** Activity **
Across the data below, how many lines have the word "reads" in them? Give the number and nothing else.

BEGIN

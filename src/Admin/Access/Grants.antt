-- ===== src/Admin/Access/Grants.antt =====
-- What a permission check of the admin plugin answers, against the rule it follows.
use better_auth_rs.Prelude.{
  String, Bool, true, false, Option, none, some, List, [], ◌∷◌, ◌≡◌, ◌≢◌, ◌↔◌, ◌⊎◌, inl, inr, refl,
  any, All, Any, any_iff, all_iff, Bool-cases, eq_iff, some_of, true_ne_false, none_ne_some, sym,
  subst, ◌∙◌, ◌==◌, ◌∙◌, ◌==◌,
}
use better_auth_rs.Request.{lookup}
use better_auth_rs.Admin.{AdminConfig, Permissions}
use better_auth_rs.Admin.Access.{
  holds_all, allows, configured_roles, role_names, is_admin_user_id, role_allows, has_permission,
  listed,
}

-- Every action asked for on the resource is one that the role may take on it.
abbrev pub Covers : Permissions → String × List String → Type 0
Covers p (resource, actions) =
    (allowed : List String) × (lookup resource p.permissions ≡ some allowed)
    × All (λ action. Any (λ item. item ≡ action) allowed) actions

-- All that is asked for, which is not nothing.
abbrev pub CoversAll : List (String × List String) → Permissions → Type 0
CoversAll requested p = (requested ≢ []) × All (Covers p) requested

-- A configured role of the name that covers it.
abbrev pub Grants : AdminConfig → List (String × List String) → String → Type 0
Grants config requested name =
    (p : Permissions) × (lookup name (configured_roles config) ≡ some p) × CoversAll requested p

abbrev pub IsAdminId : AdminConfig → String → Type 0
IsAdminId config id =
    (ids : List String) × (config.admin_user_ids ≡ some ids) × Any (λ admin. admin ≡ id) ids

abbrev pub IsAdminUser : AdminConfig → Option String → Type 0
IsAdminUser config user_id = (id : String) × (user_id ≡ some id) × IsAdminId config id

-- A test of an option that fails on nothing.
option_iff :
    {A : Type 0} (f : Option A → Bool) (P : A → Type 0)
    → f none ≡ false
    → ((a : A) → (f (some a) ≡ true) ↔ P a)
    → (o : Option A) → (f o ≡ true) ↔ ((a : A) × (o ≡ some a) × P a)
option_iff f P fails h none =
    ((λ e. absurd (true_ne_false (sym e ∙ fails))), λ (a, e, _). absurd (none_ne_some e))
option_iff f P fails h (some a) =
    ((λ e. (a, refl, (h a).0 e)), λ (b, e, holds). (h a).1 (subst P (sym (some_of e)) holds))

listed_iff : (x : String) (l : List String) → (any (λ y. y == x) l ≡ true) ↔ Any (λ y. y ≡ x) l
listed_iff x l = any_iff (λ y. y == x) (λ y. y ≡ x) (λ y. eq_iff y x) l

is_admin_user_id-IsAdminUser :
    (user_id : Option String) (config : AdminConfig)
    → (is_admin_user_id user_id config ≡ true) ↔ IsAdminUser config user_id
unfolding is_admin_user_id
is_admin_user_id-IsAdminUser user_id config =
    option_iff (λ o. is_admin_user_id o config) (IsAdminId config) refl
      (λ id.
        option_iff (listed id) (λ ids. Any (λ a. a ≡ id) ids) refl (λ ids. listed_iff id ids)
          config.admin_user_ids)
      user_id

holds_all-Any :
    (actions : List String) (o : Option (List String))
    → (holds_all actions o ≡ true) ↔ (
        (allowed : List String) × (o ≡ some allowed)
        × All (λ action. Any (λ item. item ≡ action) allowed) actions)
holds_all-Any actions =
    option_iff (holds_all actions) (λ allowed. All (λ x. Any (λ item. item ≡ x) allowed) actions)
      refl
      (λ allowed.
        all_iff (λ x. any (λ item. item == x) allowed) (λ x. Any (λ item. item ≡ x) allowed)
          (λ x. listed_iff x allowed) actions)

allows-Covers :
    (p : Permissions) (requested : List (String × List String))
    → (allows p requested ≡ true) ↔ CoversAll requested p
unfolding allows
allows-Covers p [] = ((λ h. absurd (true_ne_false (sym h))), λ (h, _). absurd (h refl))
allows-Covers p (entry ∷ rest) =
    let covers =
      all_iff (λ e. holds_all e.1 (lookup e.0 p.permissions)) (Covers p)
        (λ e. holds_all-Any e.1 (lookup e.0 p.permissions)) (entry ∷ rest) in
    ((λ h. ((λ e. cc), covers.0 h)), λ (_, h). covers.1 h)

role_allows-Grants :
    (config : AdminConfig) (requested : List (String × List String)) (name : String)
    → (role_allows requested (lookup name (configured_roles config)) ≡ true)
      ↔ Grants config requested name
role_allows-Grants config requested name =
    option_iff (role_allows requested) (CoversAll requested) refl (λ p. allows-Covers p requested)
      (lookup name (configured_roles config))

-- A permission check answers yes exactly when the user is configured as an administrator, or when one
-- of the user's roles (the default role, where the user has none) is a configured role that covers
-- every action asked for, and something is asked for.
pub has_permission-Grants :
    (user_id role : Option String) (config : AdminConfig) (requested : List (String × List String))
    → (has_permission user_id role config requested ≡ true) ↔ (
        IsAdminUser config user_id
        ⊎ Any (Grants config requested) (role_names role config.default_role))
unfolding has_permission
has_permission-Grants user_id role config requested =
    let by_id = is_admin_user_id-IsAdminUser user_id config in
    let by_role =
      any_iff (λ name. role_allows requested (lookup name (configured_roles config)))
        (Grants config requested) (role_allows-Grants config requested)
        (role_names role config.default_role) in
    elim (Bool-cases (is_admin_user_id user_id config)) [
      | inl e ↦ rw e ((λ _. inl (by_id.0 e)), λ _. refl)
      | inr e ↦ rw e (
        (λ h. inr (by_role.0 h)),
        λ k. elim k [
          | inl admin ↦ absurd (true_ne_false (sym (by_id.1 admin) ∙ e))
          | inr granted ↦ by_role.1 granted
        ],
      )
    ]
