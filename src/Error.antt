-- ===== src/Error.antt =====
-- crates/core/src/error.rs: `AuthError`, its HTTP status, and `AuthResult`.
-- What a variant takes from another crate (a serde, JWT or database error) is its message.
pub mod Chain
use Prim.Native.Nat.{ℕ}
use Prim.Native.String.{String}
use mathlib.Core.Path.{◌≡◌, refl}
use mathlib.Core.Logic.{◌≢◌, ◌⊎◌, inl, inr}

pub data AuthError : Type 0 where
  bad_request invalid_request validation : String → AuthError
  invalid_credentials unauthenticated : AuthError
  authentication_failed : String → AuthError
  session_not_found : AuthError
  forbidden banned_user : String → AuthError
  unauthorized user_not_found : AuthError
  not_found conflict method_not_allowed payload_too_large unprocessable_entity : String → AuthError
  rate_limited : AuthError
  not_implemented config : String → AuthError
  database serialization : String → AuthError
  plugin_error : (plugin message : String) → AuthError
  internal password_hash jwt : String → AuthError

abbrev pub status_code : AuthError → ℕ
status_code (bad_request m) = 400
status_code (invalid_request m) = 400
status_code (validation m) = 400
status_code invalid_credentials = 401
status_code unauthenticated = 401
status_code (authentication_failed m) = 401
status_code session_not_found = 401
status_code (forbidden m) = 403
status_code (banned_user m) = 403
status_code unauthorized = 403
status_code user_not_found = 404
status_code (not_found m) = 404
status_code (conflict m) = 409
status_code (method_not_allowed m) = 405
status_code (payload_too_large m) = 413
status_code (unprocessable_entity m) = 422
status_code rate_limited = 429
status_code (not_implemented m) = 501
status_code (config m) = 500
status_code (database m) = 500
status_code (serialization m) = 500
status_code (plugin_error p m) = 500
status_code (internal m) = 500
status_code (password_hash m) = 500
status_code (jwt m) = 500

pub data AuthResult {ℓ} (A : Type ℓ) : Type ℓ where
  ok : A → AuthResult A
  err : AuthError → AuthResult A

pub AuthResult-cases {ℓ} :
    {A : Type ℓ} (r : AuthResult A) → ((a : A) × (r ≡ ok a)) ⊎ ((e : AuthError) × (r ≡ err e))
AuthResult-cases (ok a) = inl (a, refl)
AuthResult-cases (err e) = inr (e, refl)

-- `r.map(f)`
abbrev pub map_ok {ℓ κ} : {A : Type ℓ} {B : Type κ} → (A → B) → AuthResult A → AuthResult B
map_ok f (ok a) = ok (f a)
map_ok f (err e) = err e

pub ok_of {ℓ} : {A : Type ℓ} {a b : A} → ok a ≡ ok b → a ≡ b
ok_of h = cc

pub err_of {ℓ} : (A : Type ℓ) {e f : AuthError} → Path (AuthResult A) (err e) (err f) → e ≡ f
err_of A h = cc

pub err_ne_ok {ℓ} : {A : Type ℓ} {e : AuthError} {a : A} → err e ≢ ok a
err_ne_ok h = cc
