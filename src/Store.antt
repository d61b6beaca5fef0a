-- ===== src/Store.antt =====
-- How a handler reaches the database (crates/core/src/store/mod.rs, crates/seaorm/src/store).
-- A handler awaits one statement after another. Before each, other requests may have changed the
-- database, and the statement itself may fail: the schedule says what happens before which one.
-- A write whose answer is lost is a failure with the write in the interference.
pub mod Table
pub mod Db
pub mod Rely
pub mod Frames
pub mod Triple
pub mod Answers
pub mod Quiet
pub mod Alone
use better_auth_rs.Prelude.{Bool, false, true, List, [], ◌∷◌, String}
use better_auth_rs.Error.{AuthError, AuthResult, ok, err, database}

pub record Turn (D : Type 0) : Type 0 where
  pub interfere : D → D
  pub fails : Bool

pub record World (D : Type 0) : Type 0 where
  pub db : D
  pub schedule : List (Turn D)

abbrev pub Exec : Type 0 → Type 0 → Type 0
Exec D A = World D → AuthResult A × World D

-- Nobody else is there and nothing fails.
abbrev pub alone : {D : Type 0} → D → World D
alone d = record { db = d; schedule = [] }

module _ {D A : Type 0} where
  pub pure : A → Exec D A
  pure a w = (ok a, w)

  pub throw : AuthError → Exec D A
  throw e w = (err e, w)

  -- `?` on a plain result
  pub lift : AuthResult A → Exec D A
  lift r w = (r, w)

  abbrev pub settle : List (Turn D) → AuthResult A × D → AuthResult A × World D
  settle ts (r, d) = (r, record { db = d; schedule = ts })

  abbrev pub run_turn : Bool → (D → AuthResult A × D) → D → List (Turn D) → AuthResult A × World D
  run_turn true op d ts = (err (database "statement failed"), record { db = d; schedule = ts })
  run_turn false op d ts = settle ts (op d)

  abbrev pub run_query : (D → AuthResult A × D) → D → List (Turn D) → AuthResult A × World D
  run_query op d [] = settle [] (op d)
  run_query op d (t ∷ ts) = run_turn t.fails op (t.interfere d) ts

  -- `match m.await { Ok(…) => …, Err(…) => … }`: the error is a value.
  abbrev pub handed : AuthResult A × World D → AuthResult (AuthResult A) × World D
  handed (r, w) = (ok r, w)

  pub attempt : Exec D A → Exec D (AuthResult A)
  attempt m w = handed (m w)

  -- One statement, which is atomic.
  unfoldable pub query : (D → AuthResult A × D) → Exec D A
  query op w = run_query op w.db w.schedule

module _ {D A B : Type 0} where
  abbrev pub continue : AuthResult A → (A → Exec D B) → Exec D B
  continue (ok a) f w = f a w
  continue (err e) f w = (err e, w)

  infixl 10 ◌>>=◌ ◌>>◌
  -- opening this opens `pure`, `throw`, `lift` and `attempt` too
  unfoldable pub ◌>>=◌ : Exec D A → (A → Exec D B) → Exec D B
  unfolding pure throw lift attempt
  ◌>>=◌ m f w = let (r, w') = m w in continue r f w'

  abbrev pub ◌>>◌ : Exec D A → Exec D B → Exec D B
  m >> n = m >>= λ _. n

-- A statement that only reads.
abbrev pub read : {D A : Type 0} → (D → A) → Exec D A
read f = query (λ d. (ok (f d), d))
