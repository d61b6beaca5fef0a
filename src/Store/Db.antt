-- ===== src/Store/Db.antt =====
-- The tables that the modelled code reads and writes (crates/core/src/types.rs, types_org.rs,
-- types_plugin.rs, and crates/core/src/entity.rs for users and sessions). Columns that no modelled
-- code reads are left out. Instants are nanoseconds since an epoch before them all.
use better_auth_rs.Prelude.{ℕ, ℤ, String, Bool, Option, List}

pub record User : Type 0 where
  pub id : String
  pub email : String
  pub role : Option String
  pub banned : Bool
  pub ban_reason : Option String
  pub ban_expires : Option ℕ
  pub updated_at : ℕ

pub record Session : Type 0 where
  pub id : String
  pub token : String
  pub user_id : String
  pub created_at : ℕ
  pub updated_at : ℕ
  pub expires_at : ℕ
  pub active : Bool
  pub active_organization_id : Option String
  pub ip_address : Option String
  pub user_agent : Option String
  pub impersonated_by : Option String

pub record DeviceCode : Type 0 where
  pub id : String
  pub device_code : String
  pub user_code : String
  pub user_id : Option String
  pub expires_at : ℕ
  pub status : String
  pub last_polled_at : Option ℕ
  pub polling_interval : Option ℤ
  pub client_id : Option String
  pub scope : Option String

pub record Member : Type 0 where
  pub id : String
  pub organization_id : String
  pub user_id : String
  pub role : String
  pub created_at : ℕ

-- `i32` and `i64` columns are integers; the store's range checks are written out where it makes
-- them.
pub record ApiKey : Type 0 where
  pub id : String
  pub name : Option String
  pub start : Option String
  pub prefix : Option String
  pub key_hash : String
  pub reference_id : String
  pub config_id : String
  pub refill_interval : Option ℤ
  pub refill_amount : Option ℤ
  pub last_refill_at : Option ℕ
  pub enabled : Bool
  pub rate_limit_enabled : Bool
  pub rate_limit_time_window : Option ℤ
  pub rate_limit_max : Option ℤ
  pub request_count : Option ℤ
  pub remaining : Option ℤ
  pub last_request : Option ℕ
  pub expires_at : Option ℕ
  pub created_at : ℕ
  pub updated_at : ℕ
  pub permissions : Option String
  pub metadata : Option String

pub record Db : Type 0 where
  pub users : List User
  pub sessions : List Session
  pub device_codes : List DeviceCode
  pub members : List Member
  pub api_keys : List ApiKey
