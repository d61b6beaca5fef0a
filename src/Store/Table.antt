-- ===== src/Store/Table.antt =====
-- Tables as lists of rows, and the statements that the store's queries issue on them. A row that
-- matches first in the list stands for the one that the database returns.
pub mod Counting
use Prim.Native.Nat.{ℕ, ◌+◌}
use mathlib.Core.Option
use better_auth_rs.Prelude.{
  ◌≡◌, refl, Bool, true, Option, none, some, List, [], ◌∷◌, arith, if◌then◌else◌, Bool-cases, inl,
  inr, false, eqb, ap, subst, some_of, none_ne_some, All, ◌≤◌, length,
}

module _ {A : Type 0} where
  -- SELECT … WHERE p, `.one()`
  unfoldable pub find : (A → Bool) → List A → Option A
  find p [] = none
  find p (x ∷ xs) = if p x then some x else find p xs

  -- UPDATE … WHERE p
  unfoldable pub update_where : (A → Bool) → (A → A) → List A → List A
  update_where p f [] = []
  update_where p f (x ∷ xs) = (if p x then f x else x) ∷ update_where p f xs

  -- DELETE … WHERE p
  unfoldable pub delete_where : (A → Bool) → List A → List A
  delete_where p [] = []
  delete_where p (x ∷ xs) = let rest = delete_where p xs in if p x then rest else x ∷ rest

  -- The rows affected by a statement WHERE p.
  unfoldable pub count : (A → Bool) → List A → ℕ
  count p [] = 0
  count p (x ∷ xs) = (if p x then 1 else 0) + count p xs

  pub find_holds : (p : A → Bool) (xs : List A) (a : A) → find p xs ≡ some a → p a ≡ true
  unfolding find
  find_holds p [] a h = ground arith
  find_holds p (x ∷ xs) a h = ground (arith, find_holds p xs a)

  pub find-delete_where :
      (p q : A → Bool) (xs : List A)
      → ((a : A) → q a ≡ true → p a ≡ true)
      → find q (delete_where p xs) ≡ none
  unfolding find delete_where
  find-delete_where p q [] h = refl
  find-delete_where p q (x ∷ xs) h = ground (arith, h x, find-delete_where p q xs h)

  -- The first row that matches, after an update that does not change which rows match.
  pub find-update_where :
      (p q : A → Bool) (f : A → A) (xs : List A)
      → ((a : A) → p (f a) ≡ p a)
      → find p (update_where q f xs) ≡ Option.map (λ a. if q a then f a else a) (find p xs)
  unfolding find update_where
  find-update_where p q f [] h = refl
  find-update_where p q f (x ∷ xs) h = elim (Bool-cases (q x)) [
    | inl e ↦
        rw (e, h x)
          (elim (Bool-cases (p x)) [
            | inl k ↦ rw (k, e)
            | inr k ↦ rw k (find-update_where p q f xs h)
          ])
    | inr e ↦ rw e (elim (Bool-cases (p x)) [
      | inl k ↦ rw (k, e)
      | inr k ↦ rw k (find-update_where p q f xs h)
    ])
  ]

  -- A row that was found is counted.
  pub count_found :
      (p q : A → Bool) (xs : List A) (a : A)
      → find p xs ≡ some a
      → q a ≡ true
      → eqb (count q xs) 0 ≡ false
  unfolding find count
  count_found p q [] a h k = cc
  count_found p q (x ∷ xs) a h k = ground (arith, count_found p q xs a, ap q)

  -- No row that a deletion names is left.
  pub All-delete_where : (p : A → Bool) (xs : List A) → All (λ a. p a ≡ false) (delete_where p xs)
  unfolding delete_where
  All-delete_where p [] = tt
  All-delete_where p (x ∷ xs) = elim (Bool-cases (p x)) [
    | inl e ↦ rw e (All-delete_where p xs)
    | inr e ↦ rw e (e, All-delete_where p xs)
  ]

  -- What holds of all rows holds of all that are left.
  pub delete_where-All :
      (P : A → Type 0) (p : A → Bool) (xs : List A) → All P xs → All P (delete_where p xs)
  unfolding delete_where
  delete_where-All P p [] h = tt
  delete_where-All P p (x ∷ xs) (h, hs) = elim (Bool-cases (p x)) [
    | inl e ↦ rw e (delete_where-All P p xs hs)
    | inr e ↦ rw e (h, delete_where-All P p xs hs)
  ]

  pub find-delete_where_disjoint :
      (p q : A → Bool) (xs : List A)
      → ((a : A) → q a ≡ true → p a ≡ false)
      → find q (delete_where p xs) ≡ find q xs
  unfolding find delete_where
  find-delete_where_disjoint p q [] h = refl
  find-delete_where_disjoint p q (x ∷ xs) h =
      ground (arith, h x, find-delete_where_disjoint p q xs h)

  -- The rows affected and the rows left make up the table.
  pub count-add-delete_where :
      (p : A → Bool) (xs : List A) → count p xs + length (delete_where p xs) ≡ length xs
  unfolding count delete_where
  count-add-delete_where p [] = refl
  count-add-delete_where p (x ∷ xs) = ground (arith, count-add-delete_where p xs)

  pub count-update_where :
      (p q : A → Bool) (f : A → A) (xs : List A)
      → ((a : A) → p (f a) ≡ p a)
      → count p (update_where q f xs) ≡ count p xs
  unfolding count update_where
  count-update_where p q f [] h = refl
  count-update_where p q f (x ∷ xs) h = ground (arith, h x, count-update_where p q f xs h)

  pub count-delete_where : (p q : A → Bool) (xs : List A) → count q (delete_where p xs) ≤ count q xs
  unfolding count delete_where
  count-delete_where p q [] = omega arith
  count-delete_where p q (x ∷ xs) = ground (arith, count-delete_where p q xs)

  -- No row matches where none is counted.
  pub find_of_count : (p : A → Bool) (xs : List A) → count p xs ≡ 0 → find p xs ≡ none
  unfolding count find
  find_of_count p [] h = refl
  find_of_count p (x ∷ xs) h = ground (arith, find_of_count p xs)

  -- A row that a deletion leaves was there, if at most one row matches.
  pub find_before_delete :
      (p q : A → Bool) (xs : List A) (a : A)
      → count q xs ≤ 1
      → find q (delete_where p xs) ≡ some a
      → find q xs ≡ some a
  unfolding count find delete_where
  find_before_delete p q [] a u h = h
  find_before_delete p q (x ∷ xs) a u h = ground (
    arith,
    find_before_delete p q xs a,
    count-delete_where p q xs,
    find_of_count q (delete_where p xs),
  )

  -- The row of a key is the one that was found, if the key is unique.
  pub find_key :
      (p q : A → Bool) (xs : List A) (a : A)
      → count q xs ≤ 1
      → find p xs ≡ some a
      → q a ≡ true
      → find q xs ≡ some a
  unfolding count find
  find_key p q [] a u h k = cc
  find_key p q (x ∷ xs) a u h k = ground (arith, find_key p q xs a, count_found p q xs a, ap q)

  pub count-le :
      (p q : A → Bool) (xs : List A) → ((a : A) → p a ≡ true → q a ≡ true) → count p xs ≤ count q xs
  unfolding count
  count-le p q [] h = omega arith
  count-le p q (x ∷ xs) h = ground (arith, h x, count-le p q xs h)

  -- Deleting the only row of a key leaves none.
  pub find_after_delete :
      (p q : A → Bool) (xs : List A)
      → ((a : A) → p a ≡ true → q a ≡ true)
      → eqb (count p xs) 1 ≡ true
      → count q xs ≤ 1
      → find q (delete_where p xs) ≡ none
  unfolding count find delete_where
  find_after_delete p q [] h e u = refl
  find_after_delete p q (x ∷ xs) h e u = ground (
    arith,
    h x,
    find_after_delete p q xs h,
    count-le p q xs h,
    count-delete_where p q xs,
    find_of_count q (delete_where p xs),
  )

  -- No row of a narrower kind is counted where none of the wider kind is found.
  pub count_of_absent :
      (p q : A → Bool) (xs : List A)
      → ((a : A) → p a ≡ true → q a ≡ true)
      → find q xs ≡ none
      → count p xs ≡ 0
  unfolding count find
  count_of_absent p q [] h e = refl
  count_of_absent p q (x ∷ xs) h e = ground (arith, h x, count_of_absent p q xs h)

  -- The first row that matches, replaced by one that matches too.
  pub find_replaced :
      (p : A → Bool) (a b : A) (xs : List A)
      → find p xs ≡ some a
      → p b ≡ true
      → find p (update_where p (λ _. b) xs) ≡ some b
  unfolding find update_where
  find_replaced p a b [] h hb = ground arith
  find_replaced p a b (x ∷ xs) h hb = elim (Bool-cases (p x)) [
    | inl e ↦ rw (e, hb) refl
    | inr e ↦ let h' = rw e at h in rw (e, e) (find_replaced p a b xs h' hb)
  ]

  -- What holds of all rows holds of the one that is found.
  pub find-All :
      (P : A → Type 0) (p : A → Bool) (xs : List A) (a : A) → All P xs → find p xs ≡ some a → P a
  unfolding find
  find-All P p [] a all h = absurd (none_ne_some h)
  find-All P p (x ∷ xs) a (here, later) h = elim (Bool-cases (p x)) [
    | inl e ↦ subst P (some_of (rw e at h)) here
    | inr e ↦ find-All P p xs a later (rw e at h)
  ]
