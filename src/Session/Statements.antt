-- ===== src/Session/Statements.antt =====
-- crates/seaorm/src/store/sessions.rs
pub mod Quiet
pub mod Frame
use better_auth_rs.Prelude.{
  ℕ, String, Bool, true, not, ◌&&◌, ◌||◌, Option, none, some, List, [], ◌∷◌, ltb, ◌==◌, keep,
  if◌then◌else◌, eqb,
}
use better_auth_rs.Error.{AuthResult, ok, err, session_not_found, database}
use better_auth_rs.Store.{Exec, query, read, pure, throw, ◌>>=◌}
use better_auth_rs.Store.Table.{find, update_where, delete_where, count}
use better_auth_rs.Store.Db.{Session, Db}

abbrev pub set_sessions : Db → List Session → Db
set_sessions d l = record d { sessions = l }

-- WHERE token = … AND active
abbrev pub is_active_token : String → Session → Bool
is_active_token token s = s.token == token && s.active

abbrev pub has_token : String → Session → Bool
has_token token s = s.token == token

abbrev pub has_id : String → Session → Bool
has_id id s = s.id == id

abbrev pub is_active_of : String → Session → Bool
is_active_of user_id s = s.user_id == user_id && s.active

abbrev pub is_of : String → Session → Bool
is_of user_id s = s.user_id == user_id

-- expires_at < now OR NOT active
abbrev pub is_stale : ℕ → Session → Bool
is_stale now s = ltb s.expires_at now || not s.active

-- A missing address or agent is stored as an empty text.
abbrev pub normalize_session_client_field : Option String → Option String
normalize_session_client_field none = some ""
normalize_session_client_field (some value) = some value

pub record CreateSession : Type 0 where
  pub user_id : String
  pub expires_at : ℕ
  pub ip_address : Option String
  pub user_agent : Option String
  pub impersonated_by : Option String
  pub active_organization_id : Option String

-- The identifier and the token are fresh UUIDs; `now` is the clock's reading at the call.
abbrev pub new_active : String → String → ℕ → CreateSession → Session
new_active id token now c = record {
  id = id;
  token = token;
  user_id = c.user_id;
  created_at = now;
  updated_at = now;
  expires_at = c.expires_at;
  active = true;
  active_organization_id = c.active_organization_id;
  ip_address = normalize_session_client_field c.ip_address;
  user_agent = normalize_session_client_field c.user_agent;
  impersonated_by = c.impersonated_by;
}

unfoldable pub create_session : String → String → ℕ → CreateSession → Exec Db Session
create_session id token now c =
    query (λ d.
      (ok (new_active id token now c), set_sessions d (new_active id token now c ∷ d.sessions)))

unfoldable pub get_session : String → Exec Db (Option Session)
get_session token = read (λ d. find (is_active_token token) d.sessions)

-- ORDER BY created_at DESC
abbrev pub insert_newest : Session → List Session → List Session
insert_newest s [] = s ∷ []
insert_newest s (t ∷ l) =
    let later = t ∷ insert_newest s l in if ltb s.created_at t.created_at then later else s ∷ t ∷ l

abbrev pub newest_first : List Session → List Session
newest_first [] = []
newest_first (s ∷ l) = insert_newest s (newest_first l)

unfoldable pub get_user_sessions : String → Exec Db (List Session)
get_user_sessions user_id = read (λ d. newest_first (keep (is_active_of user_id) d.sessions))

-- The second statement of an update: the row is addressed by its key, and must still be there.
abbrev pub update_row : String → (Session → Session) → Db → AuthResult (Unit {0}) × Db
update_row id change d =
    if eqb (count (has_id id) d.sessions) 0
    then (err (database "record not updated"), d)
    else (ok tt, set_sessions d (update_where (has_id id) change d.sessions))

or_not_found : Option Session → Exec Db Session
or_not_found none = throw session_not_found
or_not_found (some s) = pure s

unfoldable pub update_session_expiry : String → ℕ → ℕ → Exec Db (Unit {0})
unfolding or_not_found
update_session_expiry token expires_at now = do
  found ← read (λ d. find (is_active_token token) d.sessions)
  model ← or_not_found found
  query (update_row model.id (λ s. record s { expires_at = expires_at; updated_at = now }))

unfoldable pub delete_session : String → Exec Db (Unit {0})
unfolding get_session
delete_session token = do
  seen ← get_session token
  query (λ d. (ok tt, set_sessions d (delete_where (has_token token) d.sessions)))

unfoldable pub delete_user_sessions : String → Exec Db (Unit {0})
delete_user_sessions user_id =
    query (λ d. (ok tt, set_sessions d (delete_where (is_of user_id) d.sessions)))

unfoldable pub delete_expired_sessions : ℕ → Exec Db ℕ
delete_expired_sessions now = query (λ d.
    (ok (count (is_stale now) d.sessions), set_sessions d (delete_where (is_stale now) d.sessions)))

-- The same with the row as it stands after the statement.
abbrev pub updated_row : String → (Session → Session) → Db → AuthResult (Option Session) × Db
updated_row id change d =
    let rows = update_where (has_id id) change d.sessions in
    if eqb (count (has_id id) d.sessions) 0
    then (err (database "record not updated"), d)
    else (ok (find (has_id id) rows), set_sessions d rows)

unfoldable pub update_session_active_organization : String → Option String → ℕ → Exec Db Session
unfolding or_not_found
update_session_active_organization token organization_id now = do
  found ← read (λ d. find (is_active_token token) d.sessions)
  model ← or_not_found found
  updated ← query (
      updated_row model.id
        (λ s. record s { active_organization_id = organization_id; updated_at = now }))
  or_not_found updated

END

** Task answer **
3